0.25 is loaded, just letting it marinade in juice for about 10min

Reactions: Like 1


----------



## Darth_V@PER (3/2/16)

n0ugh7_zw said:


> been using mine since last saturday. been pretty good. Found that on the 0.40 ohm head, i can't really push past 55W with high VG juice, wicking doesn't quite keep up. good flavour and clouds though! should be swapping out for the 0.25 ohm head this evening. the 0.40 ohm coil is gonna die soon, can feel it in my bones.
> 
> It's had about 120mls go through it. So... Surprisingly short life, I think. Compared to the triton V2 clapton, that pumped a crazy 250mls through before it died.
> 
> Wick holes on the 0.25 coil are way smaller than the 0.40. Understandably in height (less wire = lower resistance) but also in width, which is kinda worrying seeing as its rated up to 70W



Hi @n0ugh7_zw I been out of the game so long and me just coming back I thought it was fantastic. I went for the 0.2OHM coils and I'm running it at a 50/50 ratio @ 55W and its pretty cool. Trying to get my hands on some decent juice that's got a higher VG ratio and would appreciate your feedback

Reactions: Thanks 1


----------



## n0ugh7_zw (3/2/16)

Darth_V@PER said:


> Hi @n0ugh7_zw I been out of the game so long and me just coming back I thought it was fantastic. I went for the 0.2OHM coils and I'm running it at a 50/50 ratio @ 55W and its pretty cool. Trying to get my hands on some decent juice that's got a higher VG ratio and would appreciate your feedback



55W, its barely waking up for me, very muted flavour and the vapors not really dense enough.

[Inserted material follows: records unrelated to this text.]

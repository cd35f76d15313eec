-- ===== src/UserDb/Aliases/Filling.antt =====
-- Operations that do no more to the aliases than to fill the cache from the disk.
use mnm.Prelude.{
  ℕ, ◌≡◌, inl, refl, Bool, true, false, Option, none, some, Text, arith, is_empty, if◌then◌else◌,
}
use mnm.UserDb.Model.{Error, user_invalid, Object, RecordType, user, group, User}
use mnm.UserDb.Op.{UserDb, Result, ok, err, panic, Op, pure, raise, continue, ◌>>=◌}
use mnm.UserDb.Fetch.{fetch_user, fetch_group}
use mnm.UserDb.Users.{found_user}
use mnm.UserDb.Record.{get_record}
use mnm.UserDb.Aliases.{try_lookup}
use mnm.UserDb.Aliases.Targets.{
  Stable, Stable-refl, Stable-after, Fills, Fills-refl, Fills-trans, try_lookup-Fills,
}

-- An operation that does no more, and one in a chain of them.
pub record Filling {ℓ} {A : Type ℓ} (m : Op A) : Type ℓ where
  pub at : (db : UserDb) → Fills db (m db).1

module _ {ℓ κ} {A : Type ℓ} {B : Type κ} where
  pub continue-Fills :
      (db : UserDb) (p : Result A × UserDb) (f : A → Op B)
      → Fills db p.1
      → ((a : A) → Filling (f a))
      → Fills db (continue p f).1
  continue-Fills db (ok a, d) f h g = Fills-trans db d (f a d).1 h ((g a).at d)
  continue-Fills db (err e, d) f h g = h
  continue-Fills db (panic, d) f h g = h

  pub Filling-bind :
      (m : Op A) (f : A → Op B) → Filling m → ((a : A) → Filling (f a)) → Filling (m >>= f)
  Filling-bind m f h g = record { at = λ db. continue-Fills db (m db) f (h.at db) g }

  -- What follows an operation that fills the cache is stable, if it is from where that ends.
  pub continue-Stable :
      (db : UserDb) (p : Result A × UserDb) (f : A → Op B)
      → Fills db p.1
      → ((a : A) → p.0 ≡ ok a → Stable p.1 (f a p.1).1)
      → Stable db (continue p f).1
  continue-Stable db (ok a, d) f h g = Stable-after db d (f a d).1 h (g a refl)
  continue-Stable db (err e, d) f h g = Stable-after db d d h (Stable-refl d)
  continue-Stable db (panic, d) f h g = Stable-after db d d h (Stable-refl d)

module _ {ℓ} {A : Type ℓ} where
  pub Filling-if : (b : Bool) (m n : Op A) → Filling m → Filling n → Filling (if b then m else n)
  Filling-if true m n h g = h
  Filling-if false m n h g = g

  pub pure-Filling : (a : A) → Filling (pure a)
  pure-Filling a = record { at = Fills-refl }

  pub raise-Filling : (e : Error) → Filling (raise {A = A} e)
  raise-Filling e = record { at = Fills-refl }

pub found_user-Filling : (o : Option User) → Filling (found_user o)
found_user-Filling none = raise-Filling user_invalid
found_user-Filling (some u) = pure-Filling u

Fills-same : (db db' : UserDb) → (db'.alias ≡ db.alias) × (db'.disk ≡ db.disk) → Fills db db'
Fills-same db db' (e, f) = record { disk = f; aliases = λ b. inl (rw e) }

module _ (crc : Object → ℕ) where
  get_record-state : (t : RecordType) (n : Text) (db : UserDb) → (get_record crc t n db).1 ≡ db
  unfolding get_record
  get_record-state t n db = ground arith

  fetch_user-same :
      (uid : Text) (make : Bool) (db : UserDb)
      → ((fetch_user crc uid make db).1.alias ≡ db.alias)
        × ((fetch_user crc uid make db).1.disk ≡ db.disk)
  unfolding fetch_user
  fetch_user-same uid make db =
      (ground (arith, get_record-state user uid db), ground (arith, get_record-state user uid db))

  fetch_group-same :
      (gid : Text) (make : Bool) (db : UserDb)
      → ((fetch_group crc gid make db).1.alias ≡ db.alias)
        × ((fetch_group crc gid make db).1.disk ≡ db.disk)
  unfolding fetch_group
  fetch_group-same gid make db =
      (ground (arith, get_record-state group gid db), ground (arith, get_record-state group gid db))

  pub fetch_user-Filling : (uid : Text) (make : Bool) → Filling (fetch_user crc uid make)
  fetch_user-Filling uid make = record { at = λ db. Fills-same db _ (fetch_user-same uid make db) }

  pub fetch_group-Filling : (gid : Text) (make : Bool) → Filling (fetch_group crc gid make)
  fetch_group-Filling gid make = record {
    at = λ db. Fills-same db _ (fetch_group-same gid make db);
  }

pub try_lookup-Filling : (a : Text) → is_empty a ≡ false → Filling (try_lookup a)
try_lookup-Filling a named = record { at = try_lookup-Fills a named }
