-- ===== src/UserDb/Aliases/Ownership.antt =====
-- AddAlias: an alias never passes from one user to another.
use mnm.Prelude.{
  ℕ, ◌≡◌, inl, inr, Bool, false, ◌&&◌, Option, [], ◌∷◌, ◌++◌, Text, arith, eq_text, is_empty,
  if◌then◌else◌, Bool-cases,
}
use mnm.UserDb.Model.{Object, Group, User, a_user, user, clear_touched}
use mnm.UserDb.Op.{UserDb, Result, ok, err, panic, Op, pure, continue, ◌>>=◌, ◌>>◌}
use mnm.UserDb.Names.Escape.{IsBytes}
use mnm.UserDb.Input.{invalid_input, invalid_ascii}
use mnm.UserDb.Fetch.{fetch_user, fetch_group}
use mnm.UserDb.Users.{found_user}
use mnm.UserDb.Record.{put_record}
use mnm.UserDb.Aliases.{
  add_alias, owner_of, add_valid_alias, checked_alias, claim, new_alias, try_lookup,
}
use mnm.UserDb.Aliases.Targets.{
  Stable, Stable-refl, Fills, Fills-IsLoaded, IsLoaded, try_lookup-IsLoaded,
}
use mnm.UserDb.Aliases.Filling.{
  Filling, Filling-bind, pure-Filling, continue-Stable, found_user-Filling, fetch_user-Filling,
  fetch_group-Filling, try_lookup-Filling,
}
use mnm.UserDb.Aliases.Claims.{IsFit, claim-Stable}

-- An operation that leaves every alias that has a target with that target.
pub record KeepsAliases {ℓ} {A : Type ℓ} (m : Op A) : Type ℓ where
  pub at : (db : UserDb) → Stable db (m db).1

Fills-IsFit : (db d : UserDb) (a : Text) → Fills db d → IsFit a db → IsFit a d
Fills-IsFit db d a h (inl e) = inl e
Fills-IsFit db d a h (inr (p, e)) = inr (p, Fills-IsLoaded db d a h e)

module _ (crc : Object → ℕ) (is_print : ℕ → Bool) (uid : Text) where
  owner_of-Filling : (a : Text) → Filling (owner_of crc is_print uid a)
  unfolding owner_of
  owner_of-Filling a = elim (Bool-cases (is_empty a)) [
    | inl e ↦ rw e (pure-Filling uid)
    | inr e ↦ rw e (
        Filling-bind (fetch_group crc a false) (λ _. try_lookup a) (fetch_group-Filling crc a false)
          λ _. try_lookup-Filling a e)
  ]

  looked_up :
      (a : Text) (p : Result (Option Group) × UserDb) (x : Text)
      → is_empty a ≡ false
      → (continue p (λ _. try_lookup a)).0 ≡ ok x
      → IsLoaded a (continue p (λ _. try_lookup a)).1
  looked_up a (ok g, d) x named h = try_lookup-IsLoaded a named d
  looked_up a (err e, d) x named h = absurd (ground arith)
  looked_up a (panic, d) x named h = absurd (ground arith)

  owner_of-IsFit :
      (a : Text) (d : UserDb) (x : Text)
      → IsBytes a
      → (owner_of crc is_print uid a d).0 ≡ ok x
      → IsFit a (owner_of crc is_print uid a d).1
  unfolding owner_of
  owner_of-IsFit a d x bytes h = elim (Bool-cases (is_empty a)) [
    | inl e ↦ inl e
    | inr e ↦ rw e (inr (bytes, looked_up a (fetch_group crc a false d) x e (ground (arith, h, e))))
  ]

  module _ (nat en : Text) (nat_bytes : IsBytes nat) (en_bytes : IsBytes en) where
    finish : User → Text → Text → Op (Unit {0})
    finish u nat_uid en_uid = if eq_text nat_uid uid && eq_text en_uid uid then pure tt else do
      claim nat en uid
      put_record crc user uid
          (a_user (record u { aliases = clear_touched u.aliases ++ new_alias nat en ∷ [] }))

    finish-Stable :
        (u : User) (nat_uid en_uid : Text) (d : UserDb)
        → IsFit nat d
        → IsFit en d
        → Stable d (finish u nat_uid en_uid d).1
    unfolding finish
    finish-Stable u nat_uid en_uid d p q =
        elim (Bool-cases (eq_text nat_uid uid && eq_text en_uid uid)) [
          | inl e ↦ rw e (Stable-refl d)
          | inr e ↦ rw e (claim-Stable crc uid nat en u u.aliases d p q)
        ]

    owners-Stable :
        (u : User) (d : UserDb)
        → Stable d
            ((owner_of crc is_print uid nat >>= λ nat_uid.
                owner_of crc is_print uid en >>= λ en_uid. finish u nat_uid en_uid)
              d).1
    owners-Stable u d =
        continue-Stable d (owner_of crc is_print uid nat d) _ ((owner_of-Filling nat).at d)
          λ nat_uid e.
            let d1 = (owner_of crc is_print uid nat d).1 in
            continue-Stable d1 (owner_of crc is_print uid en d1) _ ((owner_of-Filling en).at d1)
              λ en_uid f.
                finish-Stable u nat_uid en_uid (owner_of crc is_print uid en d1).1
                  (Fills-IsFit d1 _ nat ((owner_of-Filling en).at d1)
                    (owner_of-IsFit nat d nat_uid nat_bytes e))
                  (owner_of-IsFit en d1 en_uid en_bytes f)

    add_valid_alias-KeepsAliases : KeepsAliases (add_valid_alias crc is_print uid nat en)
    unfolding add_valid_alias finish
    add_valid_alias-KeepsAliases = record {
      at = λ db.
          continue-Stable db (fetch_user crc uid false db) _
            ((fetch_user-Filling crc uid false).at db)
            λ found e.
              let d = (fetch_user crc uid false db).1 in
              continue-Stable d (found_user found d) _ ((found_user-Filling found).at d)
                λ u f. owners-Stable u (found_user found d).1;
    }

    checked_alias-KeepsAliases : KeepsAliases (checked_alias crc is_print uid nat en)
    unfolding checked_alias
    checked_alias-KeepsAliases = elim (Bool-cases (invalid_input is_print nat)) [
      | inl e ↦ rw e (record { at = Stable-refl })
      | inr e ↦ elim (Bool-cases (invalid_ascii en)) [
        | inl f ↦ rw (e, f) (record { at = Stable-refl })
        | inr f ↦ rw (e, f) add_valid_alias-KeepsAliases
      ]
    ]

  -- AddAlias of names of bytes, whatever its outcome, leaves every alias of bytes that has a target, in
  -- the cache or on disk, with that target.
  pub add_alias-KeepsAliases :
      (nat en : Text) → IsBytes nat → IsBytes en → KeepsAliases (add_alias crc is_print uid nat en)
  unfolding add_alias
  add_alias-KeepsAliases nat en p q = elim (Bool-cases (eq_text nat en)) [
    | inr e ↦ rw e (checked_alias-KeepsAliases nat en p q)
    | inl e ↦ elim (Bool-cases (is_empty nat)) [
      | inl f ↦ rw (e, f) (record { at = Stable-refl })
      | inr f ↦ rw (e, f) (checked_alias-KeepsAliases [] en tt q)
    ]
  ]
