-- ===== src/Tests/Refinement.antt =====
-- The table of a server of two users, before and after it accepts one.
use libcomm.Prelude.{
  ℕ, zero, suc, pos, ◌≡◌, ◌≢◌, ◌⊎◌, inl, inr, refl, sym, arith, get_or-replicate, [], ◌∷◌,
}
use libcomm.Returns.{Returns}
use libcomm.TcpServer.Accept.{accept_client-IsValid}
use libcomm.TcpServer.Members.{Member, remove}
use libcomm.TcpServer.{
  init_server, uninit_server, accept_client, disconnect_client, take_slot, free_slot, fill_slot,
}
use libcomm.TcpServer.Api.{client_num, new_context, start_listening, server_init, user_limit}
use libcomm.TcpServer.Invariant.{slot, IsValid}
use libcomm.TcpServer.Refinement.{Represents, server_refines}
use libcomm.Tests.Machine.{machine, machine-FreshBlocks}
use libcomm.Tests.TcpServer.{started, served, client, started-IsValid}

served-IsValid : IsValid 1 served
unfolding server_init init_server start_listening uninit_server new_context user_limit accept_client
    take_slot free_slot fill_slot
served-IsValid =
    (accept_client-IsValid machine machine-FreshBlocks 1 client (pos 8) started started-IsValid).0

served-Represents : Represents (served.store.contexts 1) (2 ∷ [])
unfolding server_init init_server start_listening uninit_server new_context user_limit accept_client
    take_slot free_slot fill_slot
served-Represents = record {
  listed = one;
  held = λ q m. elim m [ inl e ↦ (λ z. omega (arith, z, e), 0, sym e) | inr m' ↦ absurd m' ];
  once = (λ m. m, record {});
  number = refl;
}
  where
    one :
        (i : ℕ)
        → slot (served.store.contexts 1) i ≢ 0
        → Member (slot (served.store.contexts 1) i) (2 ∷ [])
    one zero h = inl refl
    one (suc i) h = absurd (h (get_or-replicate 31 i 0))

server_refines_example :
    Returns (accept_client machine 1 client (pos 9) served) (λ u w'.
      IsValid 1 w'
      × (((u ≡ 0) × Represents (w'.store.contexts 1) (2 ∷ []))
          ⊎ ((u ≢ 0) × Represents (w'.store.contexts 1) (u ∷ 2 ∷ []))))
    × Returns
        (disconnect_client machine 1 2 served)
        (λ _ w'. IsValid 1 w' × Represents (w'.store.contexts 1) (remove 2 (2 ∷ [])))
    × Returns (client_num 1 served) (λ n w'. (n ≡ 1) × (w' ≡ served))
unfolding server_init init_server start_listening uninit_server new_context user_limit accept_client
    take_slot free_slot fill_slot
server_refines_example =
    server_refines machine 1 client (pos 9) 2 served (2 ∷ []) machine-FreshBlocks served-IsValid
      served-Represents (λ z. omega (arith, z)) (λ z. omega (arith, z)) refl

60W, hasn't really changed from 55W, maybe the fact that theres less surface area, is the reason for the drop off in flavour

65W flavours a bit better, tank's really getting warm to the touch

70W flavours the same as 65W, but the vapor is more dense

75W no change

80W Performance is now getting close to the 0.40 ohm head at 50W

85W ok, this is getting pretty good now.

90W this is about as good as i was getting on the 0.40 ohm coil, tank is almost to hot to touch

95W is pretty dry

I'm using a 25/75 PG/VG juice... Have to say, i prefer the 0.40 ohm coils. This test was about 2/3 of a tank, gave it 3 or 4 hits at each wattage... silvered a little 

TFV4 tri-coil kills the Cleito 0.25 ohm coil at 95W


----------